AES Semigas

IQE

25 July 2024

German researchers demo practical implementation of AlN-based value chain for power semiconductors

In power electronics, conventional silicon devices are being replaced by more powerful wide-bandgap (WBG) semiconductors with superior physical and electrical properties. Silicon carbide (SiC) has already established itself on an industrial scale, but devices based on gallium nitride (GaN) are also on the rise. However, it is already foreseeable that, in the future, even WBG device properties will be surpassed by ultrawide-bandgap (UWBG) semiconductors like aluminium nitride (AlN).

Devices fabricated on single-crystal AlN wafers can achieve a higher power density and efficiency compared with GaN technology. They also exhibit lower dynamic parasitic effects and higher reliability. At the same time, the high thermal conductivity of AlN enables good heat dissipation of the devices. Semiconductor technology based on AlN for power electronic transistors as well as millimeter-wave radio-frequency circuits hence has the potential to significantly reduce losses in electrical energy conversion and high-frequency transmission.

Establishing an AlN process chain in Germany

To make AlN technology accessible to industry in the medium term, the related existing activities in Germany have been combined in a strategic cluster. The aim is to establish a German value chain for AlN-based technology and to establish international leadership in this increasingly economically important field. Berlin-based Ferdinand-Braun-Institut, Leibniz-Institut für Höchstfrequenztechnik (FBH), the Erlangen-based Fraunhofer IISB (Institute for Integrated Systems and Device Technology) and III/V-Reclaim PT GmbH are collectively driving the initiative. They span the entire value chain, starting with the growth of AlN crystals using physical vapor transport (PVT), to wafering and polishing of epi-ready AlN-wafers, and the epitaxy of the functional device layers, up to the fabrication of transistors for power electronics and millimeter-wave applications.

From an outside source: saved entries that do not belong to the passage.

-- ===== src/Upap/Retry.antt =====
-- How the client of pppd/upap.c gives up, and which callouts it leaves behind.
use ppp.Prelude.{
  length-append, ◌/◌, ◌%◌, ◌++◌, ◌∷◌, ◌∙◌, ap, refl, ℕ, zero, suc, pos, ◌+◌, ◌-◌, ◌≡◌, ◌<◌, true,
  List, [], length, arith,
}
use ppp.Upap.Defs.{ClientState, World, Auth, set_client}
use ppp.Upap.Ops.{is_authreq, sauthreq, timeout, lowerup, lowerdown, authwithpeer, rauthack}
use ppp.Upap.Run.{fire, expiries}

-- An Authenticate-Request: address, control, protocol, code 1, its id, its length, and the name and
-- the password with their lengths.
abbrev pub request_frame : ℕ → List ℕ → List ℕ → List ℕ
request_frame id user passwd =
    let n = length user + length passwd + 6 in
    0xff
    ∷ 0x03
    ∷ 0xc0
    ∷ 0x23
    ∷ 1
    ∷ id
    ∷ (n / 256 % 256)
    ∷ (n % 256)
    ∷ (length user % 256)
    ∷ (user ++ ((length passwd % 256) ∷ passwd))

-- The frames `sent`, and behind them in time `n` requests under the ids that follow `id`.
unfoldable pub with_requests : ℕ → ℕ → List ℕ → List ℕ → List (List ℕ) → List (List ℕ)
with_requests zero id user passwd sent = sent
with_requests (suc n) id user passwd sent =
    let next = (id + 1) % 256 in
    with_requests n next user passwd (request_frame next user passwd ∷ sent)

module _ {C : Type 0} (auth : Auth C) where
  fire_again :
      (n m : ℕ) (w : World C)
      → is_authreq w.upap.clientstate ≡ true
      → 0 < w.timers
      → w.upap.maxtransmits ≡ pos m
      → w.upap.transmits + suc n ≡ m
      → (is_authreq (fire auth w).upap.clientstate ≡ true)
        × (0 < (fire auth w).timers)
        × ((fire auth w).upap.maxtransmits ≡ pos m)
        × ((fire auth w).upap.transmits + n ≡ m)
        × ((fire auth w).sent
            ≡ request_frame ((w.upap.id + 1) % 256) w.upap.user w.upap.passwd ∷ w.sent)
        × ((fire auth w).upap.id ≡ (w.upap.id + 1) % 256)
        × ((fire auth w).upap.user ≡ w.upap.user)
        × ((fire auth w).upap.passwd ≡ w.upap.passwd)
  unfolding fire timeout sauthreq
  fire_again n m w a t e k =
      let u = w.upap in ground (arith, length-append u.user ((length u.passwd % 256) ∷ u.passwd))

  fire_last :
      (m : ℕ) (w : World C)
      → is_authreq w.upap.clientstate ≡ true
      → 0 < w.timers
      → w.upap.maxtransmits ≡ pos m
      → w.upap.transmits + 0 ≡ m
      → fire auth w
        ≡ auth.withpeer_fail (set_client ClientState.bad_auth (record w { timers = w.timers - 1 }))
  unfolding fire timeout
  fire_last m w a t e k = ground arith

  expiries_last : (n : ℕ) (w : World C) → expiries auth (suc n) w ≡ fire auth (expiries auth n w)
  unfolding expiries
  expiries_last zero w = refl
  expiries_last (suc n) w = expiries_last n (fire auth w)

  asks_again :
      (n m : ℕ) (w : World C)
      → is_authreq w.upap.clientstate ≡ true
      → 0 < w.timers
      → w.upap.maxtransmits ≡ pos m
      → w.upap.transmits + n ≡ m
      → let v = expiries auth n w in
        (((is_authreq v.upap.clientstate ≡ true) × (0 < v.timers))
          × ((v.upap.maxtransmits ≡ pos m) × (v.upap.transmits + 0 ≡ m)))
        × (v.sent ≡ with_requests n w.upap.id w.upap.user w.upap.passwd w.sent)
  unfolding expiries with_requests
  asks_again zero m w a t e k = (((a, t), (e, k)), refl)
  asks_again (suc n) m w a t e k =
      let (a', t', e', k', l, id, user, passwd) = fire_again n m w a t e k in
      let (fine, sent) = asks_again n m (fire auth w) a' t' e' k' in
      (
        fine,
        sent
            ∙ ap
                (λ i.
                  with_requests n i (fire auth w).upap.user (fire auth w).upap.passwd
                    (fire auth w).sent)
                id
            ∙ ap
                (λ u.
                  with_requests n ((w.upap.id + 1) % 256) u (fire auth w).upap.passwd
                    (fire auth w).sent)
                user
            ∙ ap (λ s. with_requests n ((w.upap.id + 1) % 256) w.upap.user s (fire auth w).sent)
                passwd
            ∙ ap (with_requests n ((w.upap.id + 1) % 256) w.upap.user w.upap.passwd) l,
      )

  -- A client that has asked and hears nothing asks again until `us_maxtransmits` requests have been
  -- made, once at each expiry of its callout: after `n` expiries, `n` more Authenticate-Requests
  -- with the same name and password are sent, their ids counting up, and nothing else, and it still
  -- waits. The expiry after that only sets the state to `bad_auth` and reports the failure.
  pub requests_give_up :
      (n m : ℕ) (w : World C)
      → is_authreq w.upap.clientstate ≡ true
      → 0 < w.timers
      → w.upap.maxtransmits ≡ pos m
      → w.upap.transmits + n ≡ m
      → let v = expiries auth n w in
        (is_authreq v.upap.clientstate ≡ true)
        × (0 < v.timers)
        × (v.sent ≡ with_requests n w.upap.id w.upap.user w.upap.passwd w.sent)
        × (expiries auth (suc n) w
            ≡ auth.withpeer_fail
                (set_client ClientState.bad_auth (record v { timers = v.timers - 1 })))
  requests_give_up n m w a t e k =
      let (((b, s), (x, y)), sent) = asks_again n m w a t e k in
      (b, s, sent, rw (expiries_last n w) (fire_last m (expiries auth n w) b s x y))

  -- An Ack leaves the callout of the request behind, and so does the loss of the link after it: a
  -- client that is then started again has two callouts for its one request.
  pub stale_timer :
      (user passwd : List ℕ) (w : World C)
      → ((v : World C)
          → ((auth.withpeer_success v).upap ≡ v.upap)
            × ((auth.withpeer_success v).timers ≡ v.timers))
      → is_authreq w.upap.clientstate ≡ true
      → w.timers ≡ 1
      → let again = lowerup (authwithpeer user passwd (lowerdown (rauthack auth [] w))) in
        (is_authreq again.upap.clientstate ≡ true) × (again.timers ≡ 2) × (again.upap.transmits ≡ 1)
  unfolding rauthack lowerdown authwithpeer lowerup sauthreq
  stale_timer user passwd w quiet a t = ground (arith, quiet (set_client ClientState.open' w))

© Fraunhofer IISB/Elisabeth Iglhaut.

Picture: © Fraunhofer IISB/Elisabeth Iglhaut.

The consortium has now successfully demonstrated the practical implementation of a value chain for AlN devices for the first time in Germany and Europe. To this end, AlN crystals were grown at Fraunhofer IISB and sliced into AlN wafers with a diameter up to 1.5-inches. III/V-Reclaim has developed a polishing process for epitaxial wafer production. Functional epitaxial layers were then applied to these wafers at the FBH, and AlN/GaN high-electron-mobility transistors (HEMTs) were successfully processed on them.

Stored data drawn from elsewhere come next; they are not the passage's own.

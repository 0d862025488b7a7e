-- ===== src/Upap/Server.antt =====
-- The server's end of pppd/upap.c: requests read back, users let in and kept out.
use ppp.Prelude.{
  ℕ, ◌+◌, ◌*◌, ◌-◌, ◌/◌, ◌%◌, ◌≡◌, ◌<◌, some, List, ◌∷◌, ◌++◌, arith, ◌∙◌, length, drop,
  length-append, take-append, drop-append, take-length, newest,
}
use ppp.Upap.Defs.{ServerState, World, Auth, authreq, headerlen, packet}
use ppp.Upap.Ops.{
  sauthreq, input, rauthreq, rauthreq_at, answer_parsed, dispatch, answer_request, parse_request,
}

abbrev request_body : List ℕ → List ℕ → List ℕ
request_body user passwd = (length user % 256) ∷ (user ++ ((length passwd % 256) ∷ passwd))

parse_request_lem :
    (user passwd : List ℕ)
    → length user < 256
    → length passwd < 256
    → parse_request (request_body user passwd) ≡ some (user, passwd)
unfolding parse_request
parse_request_lem user passwd hu hp =
    rw
      (
        small (length user) hu,
        small (length passwd) hp,
        take-append user ((length passwd) ∷ passwd),
        drop-append user ((length passwd) ∷ passwd),
      )
      (ground (arith, length-append user ((length passwd) ∷ passwd), take-length passwd))
  where
    small : (n : ℕ) → n < 256 → n % 256 ≡ n
    small n h = omega arith

module _ {D : Type 0} (auth : Auth D) where
  input-packet :
      (code id : ℕ) (body : List ℕ) (v : World D)
      → length body + headerlen < 65536
      → input auth (drop 4 (packet code id body)) v ≡ dispatch auth (code % 256) (id % 256) body v
  unfolding input
  input-packet code id body v h =
      let n : ℕ = length body + headerlen in
      let e : n / 256 % 256 * 256 + n % 256 ≡ n = omega arith in
      let e' : n - headerlen ≡ length body = omega arith in
      rw (e, e', take-length body) (ground (arith, e))

  rauthreq-listen :
      (id : ℕ) (body user passwd : List ℕ) (v : World D)
      → v.upap.serverstate ≡ ServerState.listen
      → parse_request body ≡ some (user, passwd)
      → rauthreq auth id body v ≡ answer_request auth id user passwd v
  unfolding rauthreq rauthreq_at answer_parsed
  rauthreq-listen id body user passwd v s e = rw (s, e)

module _ {C D : Type 0} (auth : Auth D) where
  -- The request that one end sends is read by a listening server as the same user name and
  -- password under the same identifier, if each of the two has fewer than 256 bytes.
  pub input-sauthreq :
      (w : World C) (v : World D)
      → length w.upap.user < 256
      → length w.upap.passwd < 256
      → v.upap.serverstate ≡ ServerState.listen
      → input auth (drop 4 (newest (sauthreq w).sent)) v
        ≡ answer_request auth ((w.upap.id + 1) % 256) w.upap.user w.upap.passwd v
  unfolding sauthreq dispatch
  input-sauthreq w v hu hp s =
      let user = w.upap.user in
      let passwd = w.upap.passwd in
      let id : ℕ = (w.upap.id + 1) % 256 in
      let body = request_body user passwd in
      input-packet auth authreq id body v
        (omega (arith, length-append user ((length passwd % 256) ∷ passwd)))
      ∙ rw (mod_twice (w.upap.id + 1))
          (rauthreq-listen auth id body user passwd v s (parse_request_lem user passwd hu hp))
    where
      mod_twice : (n : ℕ) → n % 256 % 256 ≡ n % 256
      mod_twice n = omega arith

The first transistor generations produced with these wafers already show promising electrical properties, such as a breakdown voltage of up to 2200V and a power density superior to SiC as well as GaN-based power-switching devices.

Investment for the future

Targeting ever higher energy efficiency and progressive miniaturization is crucial for power electronic systems and in microwave communication. However, the static and dynamic conduction losses in the semiconductor materials unnecessarily increase the switching losses in supply, distribution and usage of electrical energy. This results in higher consumption of primary energy. In Europe alone, conversion losses waste several terawatt-hours of electrical energy per year, and the trend is for this to increase. To achieve significant energy savings, the semiconductor material itself must be addressed.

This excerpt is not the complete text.